** DATA SUPPLIED follows **

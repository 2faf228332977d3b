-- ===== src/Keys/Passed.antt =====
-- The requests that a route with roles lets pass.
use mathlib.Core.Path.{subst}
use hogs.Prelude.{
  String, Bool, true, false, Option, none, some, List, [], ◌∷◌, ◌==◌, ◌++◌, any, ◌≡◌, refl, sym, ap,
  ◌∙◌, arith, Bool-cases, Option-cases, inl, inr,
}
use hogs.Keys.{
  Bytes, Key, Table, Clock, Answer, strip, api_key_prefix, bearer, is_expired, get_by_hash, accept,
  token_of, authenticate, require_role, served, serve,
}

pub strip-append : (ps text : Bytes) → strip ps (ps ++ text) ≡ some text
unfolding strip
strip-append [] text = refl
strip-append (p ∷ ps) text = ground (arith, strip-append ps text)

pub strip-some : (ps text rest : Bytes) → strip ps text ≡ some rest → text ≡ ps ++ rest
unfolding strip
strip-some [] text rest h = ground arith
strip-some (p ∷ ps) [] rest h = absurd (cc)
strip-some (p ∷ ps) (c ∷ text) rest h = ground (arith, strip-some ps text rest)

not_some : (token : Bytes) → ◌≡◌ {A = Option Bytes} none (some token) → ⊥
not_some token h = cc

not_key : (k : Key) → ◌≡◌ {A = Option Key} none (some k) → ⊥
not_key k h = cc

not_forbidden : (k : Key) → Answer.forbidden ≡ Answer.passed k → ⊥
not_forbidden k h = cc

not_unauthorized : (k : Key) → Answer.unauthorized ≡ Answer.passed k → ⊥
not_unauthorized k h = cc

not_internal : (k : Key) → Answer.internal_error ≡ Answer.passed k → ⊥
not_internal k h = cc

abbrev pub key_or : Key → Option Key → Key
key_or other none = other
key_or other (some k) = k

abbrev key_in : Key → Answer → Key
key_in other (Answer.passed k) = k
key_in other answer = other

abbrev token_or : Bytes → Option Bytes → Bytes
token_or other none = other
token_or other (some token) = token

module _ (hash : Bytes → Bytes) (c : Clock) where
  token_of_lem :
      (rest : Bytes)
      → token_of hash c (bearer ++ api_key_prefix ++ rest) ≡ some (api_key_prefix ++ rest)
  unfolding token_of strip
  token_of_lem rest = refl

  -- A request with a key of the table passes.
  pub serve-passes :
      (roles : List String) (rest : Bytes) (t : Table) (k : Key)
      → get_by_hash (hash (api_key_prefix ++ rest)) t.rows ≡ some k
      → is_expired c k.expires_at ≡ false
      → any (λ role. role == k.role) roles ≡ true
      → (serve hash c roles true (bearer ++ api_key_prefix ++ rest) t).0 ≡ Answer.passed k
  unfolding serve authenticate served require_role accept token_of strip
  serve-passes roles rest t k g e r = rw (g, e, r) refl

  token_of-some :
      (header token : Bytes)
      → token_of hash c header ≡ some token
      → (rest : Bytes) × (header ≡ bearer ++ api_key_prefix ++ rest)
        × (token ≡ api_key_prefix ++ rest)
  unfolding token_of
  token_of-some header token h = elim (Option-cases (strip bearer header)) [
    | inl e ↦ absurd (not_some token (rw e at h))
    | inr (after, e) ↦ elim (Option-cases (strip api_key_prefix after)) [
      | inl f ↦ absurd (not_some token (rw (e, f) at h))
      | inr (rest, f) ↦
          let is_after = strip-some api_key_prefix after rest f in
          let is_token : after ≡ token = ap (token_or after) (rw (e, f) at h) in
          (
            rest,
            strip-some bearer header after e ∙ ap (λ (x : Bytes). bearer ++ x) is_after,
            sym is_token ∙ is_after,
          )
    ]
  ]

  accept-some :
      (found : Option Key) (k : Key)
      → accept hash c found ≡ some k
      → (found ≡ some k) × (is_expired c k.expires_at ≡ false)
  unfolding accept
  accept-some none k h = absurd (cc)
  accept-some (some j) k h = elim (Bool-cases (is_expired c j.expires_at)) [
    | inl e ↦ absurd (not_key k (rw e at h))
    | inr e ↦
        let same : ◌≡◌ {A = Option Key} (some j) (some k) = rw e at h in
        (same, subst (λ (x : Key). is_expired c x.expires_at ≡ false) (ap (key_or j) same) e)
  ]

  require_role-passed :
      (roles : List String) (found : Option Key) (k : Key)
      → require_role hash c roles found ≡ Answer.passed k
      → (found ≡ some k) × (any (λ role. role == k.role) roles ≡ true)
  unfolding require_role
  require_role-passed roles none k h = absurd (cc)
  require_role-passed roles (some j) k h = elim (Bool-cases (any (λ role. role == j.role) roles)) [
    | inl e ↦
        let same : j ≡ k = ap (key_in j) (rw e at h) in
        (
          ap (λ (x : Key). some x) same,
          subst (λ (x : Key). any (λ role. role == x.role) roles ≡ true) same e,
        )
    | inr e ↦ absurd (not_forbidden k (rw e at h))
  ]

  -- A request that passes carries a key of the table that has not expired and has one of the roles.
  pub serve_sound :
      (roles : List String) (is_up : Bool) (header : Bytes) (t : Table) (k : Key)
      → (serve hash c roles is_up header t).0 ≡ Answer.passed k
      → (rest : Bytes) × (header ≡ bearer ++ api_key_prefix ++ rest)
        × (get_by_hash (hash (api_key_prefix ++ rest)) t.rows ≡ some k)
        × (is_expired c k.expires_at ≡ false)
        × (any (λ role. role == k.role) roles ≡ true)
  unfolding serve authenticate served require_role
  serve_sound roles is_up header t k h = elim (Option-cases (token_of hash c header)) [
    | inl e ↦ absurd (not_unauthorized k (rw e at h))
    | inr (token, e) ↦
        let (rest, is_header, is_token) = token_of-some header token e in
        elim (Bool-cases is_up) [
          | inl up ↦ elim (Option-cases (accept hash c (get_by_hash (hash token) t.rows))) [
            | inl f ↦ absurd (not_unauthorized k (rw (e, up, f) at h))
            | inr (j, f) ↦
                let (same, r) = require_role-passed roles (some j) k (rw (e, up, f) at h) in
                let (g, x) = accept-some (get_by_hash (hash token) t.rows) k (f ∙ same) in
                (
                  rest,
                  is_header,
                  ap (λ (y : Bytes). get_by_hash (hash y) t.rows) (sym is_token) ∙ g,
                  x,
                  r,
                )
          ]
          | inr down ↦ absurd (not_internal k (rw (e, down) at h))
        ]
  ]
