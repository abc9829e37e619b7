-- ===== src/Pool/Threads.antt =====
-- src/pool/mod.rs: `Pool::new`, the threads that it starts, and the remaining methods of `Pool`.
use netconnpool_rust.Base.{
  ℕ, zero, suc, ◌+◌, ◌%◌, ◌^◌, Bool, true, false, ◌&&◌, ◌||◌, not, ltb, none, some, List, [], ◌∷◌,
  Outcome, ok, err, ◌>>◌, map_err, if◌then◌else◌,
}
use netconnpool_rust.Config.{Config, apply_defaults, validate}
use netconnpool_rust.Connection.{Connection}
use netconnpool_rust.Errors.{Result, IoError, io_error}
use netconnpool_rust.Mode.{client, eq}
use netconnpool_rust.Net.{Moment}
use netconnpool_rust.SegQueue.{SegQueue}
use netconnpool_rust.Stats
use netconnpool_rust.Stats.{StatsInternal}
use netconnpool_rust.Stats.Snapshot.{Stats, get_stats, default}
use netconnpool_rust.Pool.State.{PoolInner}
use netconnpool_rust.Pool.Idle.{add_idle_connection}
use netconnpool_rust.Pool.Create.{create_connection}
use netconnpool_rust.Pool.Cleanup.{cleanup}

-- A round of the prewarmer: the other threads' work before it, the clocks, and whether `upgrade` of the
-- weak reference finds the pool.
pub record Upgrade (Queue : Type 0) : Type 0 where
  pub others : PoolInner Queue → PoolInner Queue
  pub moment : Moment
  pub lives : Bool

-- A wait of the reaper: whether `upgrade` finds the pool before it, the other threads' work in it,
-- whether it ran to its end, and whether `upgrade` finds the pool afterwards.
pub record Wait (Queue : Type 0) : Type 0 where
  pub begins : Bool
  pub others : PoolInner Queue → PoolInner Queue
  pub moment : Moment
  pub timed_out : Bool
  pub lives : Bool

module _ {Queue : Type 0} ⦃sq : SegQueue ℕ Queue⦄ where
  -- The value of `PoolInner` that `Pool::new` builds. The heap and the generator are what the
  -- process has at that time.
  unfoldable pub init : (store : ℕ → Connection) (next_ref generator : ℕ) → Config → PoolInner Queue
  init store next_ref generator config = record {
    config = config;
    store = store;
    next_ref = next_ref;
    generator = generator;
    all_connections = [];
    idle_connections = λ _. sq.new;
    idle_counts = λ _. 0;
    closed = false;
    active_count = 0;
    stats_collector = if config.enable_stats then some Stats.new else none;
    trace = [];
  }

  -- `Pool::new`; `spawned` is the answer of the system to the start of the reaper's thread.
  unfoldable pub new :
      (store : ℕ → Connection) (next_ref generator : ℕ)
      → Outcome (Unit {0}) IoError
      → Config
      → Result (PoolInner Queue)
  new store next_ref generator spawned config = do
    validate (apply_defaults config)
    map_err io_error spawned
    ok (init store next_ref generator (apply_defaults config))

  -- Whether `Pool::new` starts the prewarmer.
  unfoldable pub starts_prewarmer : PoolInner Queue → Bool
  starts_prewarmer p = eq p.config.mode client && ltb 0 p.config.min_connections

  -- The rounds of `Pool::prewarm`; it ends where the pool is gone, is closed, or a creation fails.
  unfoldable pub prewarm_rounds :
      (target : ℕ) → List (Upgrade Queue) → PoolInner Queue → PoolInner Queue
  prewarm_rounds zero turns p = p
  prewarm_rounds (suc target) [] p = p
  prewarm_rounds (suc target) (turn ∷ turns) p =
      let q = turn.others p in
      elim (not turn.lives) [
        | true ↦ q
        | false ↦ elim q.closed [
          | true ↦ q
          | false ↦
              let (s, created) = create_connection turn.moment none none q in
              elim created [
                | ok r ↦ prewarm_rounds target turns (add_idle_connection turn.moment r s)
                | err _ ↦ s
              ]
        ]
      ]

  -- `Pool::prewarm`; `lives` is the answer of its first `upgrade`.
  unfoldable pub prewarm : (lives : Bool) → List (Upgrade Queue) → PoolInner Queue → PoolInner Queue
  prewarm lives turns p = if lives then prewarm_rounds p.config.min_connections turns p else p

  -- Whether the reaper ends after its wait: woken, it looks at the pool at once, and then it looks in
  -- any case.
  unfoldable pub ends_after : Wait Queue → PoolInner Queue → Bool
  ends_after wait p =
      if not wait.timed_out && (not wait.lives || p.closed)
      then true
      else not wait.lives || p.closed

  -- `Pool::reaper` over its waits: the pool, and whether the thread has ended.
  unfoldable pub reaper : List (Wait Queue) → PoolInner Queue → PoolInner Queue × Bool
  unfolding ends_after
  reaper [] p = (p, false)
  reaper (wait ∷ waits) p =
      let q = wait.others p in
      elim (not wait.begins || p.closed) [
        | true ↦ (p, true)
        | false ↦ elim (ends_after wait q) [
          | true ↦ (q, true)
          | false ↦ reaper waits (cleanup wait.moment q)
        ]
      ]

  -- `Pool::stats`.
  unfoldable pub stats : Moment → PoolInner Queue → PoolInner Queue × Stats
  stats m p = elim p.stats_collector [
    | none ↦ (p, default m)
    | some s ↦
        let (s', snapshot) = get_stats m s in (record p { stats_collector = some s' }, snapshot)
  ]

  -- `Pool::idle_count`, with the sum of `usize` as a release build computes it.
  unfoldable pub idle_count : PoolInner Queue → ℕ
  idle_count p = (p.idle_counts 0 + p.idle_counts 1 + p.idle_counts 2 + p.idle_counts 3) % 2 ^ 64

** End of DATA SUPPLIED **

◆ **TASK**:
Write out exactly the lines above between the line with "pub strip-append : (ps" and the line with "not_forbidden k h = cc", inclusive, and nothing beyond them.

◆ **RESPONSE**:
pub strip-append : (ps text : Bytes) → strip ps (ps ++ text) ≡ some text
unfolding strip
strip-append [] text = refl
strip-append (p ∷ ps) text = ground (arith, strip-append ps text)

pub strip-some : (ps text rest : Bytes) → strip ps text ≡ some rest → text ≡ ps ++ rest
unfolding strip
strip-some [] text rest h = ground arith
strip-some (p ∷ ps) [] rest h = absurd (cc)
strip-some (p ∷ ps) (c ∷ text) rest h = ground (arith, strip-some ps text rest)

not_some : (token : Bytes) → ◌≡◌ {A = Option Bytes} none (some token) → ⊥
not_some token h = cc

not_key : (k : Key) → ◌≡◌ {A = Option Key} none (some k) → ⊥
not_key k h = cc

not_forbidden : (k : Key) → Answer.forbidden ≡ Answer.passed k → ⊥
not_forbidden k h = cc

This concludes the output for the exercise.